Saved data entries:
-=-=-=-=-

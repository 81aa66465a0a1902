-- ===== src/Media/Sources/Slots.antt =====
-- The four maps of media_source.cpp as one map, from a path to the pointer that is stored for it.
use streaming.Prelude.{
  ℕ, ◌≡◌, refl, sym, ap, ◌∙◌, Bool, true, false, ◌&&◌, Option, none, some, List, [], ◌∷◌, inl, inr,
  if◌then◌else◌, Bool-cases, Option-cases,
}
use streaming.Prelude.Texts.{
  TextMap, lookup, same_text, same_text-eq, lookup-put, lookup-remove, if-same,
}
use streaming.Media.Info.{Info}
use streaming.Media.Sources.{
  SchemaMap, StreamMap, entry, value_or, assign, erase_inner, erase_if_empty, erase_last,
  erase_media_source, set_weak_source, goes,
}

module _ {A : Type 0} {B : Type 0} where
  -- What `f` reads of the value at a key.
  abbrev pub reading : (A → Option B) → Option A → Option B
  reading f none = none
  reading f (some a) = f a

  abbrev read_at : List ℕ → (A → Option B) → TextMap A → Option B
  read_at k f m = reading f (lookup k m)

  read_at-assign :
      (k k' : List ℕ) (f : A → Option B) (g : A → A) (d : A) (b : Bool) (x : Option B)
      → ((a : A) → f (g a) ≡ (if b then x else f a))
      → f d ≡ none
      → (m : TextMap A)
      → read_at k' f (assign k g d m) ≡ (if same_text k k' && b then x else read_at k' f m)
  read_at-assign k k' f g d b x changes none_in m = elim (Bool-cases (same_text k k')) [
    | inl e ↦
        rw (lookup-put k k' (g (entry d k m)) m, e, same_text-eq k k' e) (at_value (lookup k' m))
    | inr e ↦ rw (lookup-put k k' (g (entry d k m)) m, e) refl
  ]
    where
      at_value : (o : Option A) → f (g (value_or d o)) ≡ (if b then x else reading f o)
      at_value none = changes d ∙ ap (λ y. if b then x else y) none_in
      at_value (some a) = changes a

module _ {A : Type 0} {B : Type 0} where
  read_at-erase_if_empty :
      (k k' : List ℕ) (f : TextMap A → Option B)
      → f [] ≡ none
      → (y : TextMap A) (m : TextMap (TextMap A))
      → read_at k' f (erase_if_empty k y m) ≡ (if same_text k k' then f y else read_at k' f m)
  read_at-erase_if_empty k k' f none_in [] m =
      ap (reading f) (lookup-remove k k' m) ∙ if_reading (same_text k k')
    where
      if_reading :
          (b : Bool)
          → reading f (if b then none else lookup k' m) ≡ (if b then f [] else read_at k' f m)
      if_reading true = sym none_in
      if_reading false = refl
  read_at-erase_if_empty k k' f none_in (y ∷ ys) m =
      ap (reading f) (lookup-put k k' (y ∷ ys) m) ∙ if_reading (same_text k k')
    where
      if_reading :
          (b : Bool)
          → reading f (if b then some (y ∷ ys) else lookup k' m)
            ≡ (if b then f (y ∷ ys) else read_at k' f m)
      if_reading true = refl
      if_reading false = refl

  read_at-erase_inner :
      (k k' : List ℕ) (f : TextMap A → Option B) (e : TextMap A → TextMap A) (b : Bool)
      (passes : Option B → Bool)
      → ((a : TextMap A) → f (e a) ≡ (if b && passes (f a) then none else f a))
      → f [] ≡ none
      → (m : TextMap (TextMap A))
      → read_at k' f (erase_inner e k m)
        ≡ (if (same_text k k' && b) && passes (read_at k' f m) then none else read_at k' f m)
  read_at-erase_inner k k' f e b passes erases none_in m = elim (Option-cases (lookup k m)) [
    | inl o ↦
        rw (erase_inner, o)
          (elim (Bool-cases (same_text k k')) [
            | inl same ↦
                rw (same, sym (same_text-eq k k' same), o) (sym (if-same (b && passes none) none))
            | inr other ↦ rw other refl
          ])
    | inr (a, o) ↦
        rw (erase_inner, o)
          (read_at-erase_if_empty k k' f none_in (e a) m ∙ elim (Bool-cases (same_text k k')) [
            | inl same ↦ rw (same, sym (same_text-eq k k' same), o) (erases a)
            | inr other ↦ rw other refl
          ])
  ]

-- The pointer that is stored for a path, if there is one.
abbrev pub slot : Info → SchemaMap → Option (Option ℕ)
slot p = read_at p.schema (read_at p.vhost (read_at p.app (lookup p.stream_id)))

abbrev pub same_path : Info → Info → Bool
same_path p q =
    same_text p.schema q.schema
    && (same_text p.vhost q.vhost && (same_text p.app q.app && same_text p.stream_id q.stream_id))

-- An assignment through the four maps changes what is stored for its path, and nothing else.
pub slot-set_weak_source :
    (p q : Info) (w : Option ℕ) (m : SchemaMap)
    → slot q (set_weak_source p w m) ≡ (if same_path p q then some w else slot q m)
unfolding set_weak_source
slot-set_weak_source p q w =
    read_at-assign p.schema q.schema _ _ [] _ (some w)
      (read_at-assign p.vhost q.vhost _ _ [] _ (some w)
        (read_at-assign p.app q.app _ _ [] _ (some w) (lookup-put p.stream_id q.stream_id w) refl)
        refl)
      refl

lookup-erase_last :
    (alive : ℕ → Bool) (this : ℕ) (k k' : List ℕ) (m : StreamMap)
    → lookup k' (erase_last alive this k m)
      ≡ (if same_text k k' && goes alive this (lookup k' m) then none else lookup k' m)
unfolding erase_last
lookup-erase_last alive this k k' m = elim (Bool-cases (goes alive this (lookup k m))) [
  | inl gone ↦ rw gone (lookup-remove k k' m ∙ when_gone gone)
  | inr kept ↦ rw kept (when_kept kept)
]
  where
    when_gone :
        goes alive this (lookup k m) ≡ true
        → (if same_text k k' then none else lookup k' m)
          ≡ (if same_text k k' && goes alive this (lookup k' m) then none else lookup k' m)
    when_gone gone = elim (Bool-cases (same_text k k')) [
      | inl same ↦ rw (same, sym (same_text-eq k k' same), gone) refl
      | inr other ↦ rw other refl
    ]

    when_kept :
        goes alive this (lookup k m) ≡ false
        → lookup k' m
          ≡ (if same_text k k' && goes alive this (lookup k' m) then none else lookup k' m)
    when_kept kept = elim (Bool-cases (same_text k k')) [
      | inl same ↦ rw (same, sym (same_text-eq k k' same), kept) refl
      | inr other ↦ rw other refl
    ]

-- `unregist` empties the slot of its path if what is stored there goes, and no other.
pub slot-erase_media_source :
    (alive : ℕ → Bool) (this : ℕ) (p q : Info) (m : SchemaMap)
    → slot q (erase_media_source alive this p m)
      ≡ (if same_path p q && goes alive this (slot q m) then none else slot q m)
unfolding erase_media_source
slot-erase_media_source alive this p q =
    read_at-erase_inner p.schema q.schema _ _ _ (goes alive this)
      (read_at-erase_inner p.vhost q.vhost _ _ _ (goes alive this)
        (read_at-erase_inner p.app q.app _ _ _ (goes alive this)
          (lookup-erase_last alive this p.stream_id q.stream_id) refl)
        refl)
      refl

-=-=-=-=-

WORK REQUEST =
State the number of lines in the data that include the string "some", and add nothing else.

RESULT OF THE TASK =
8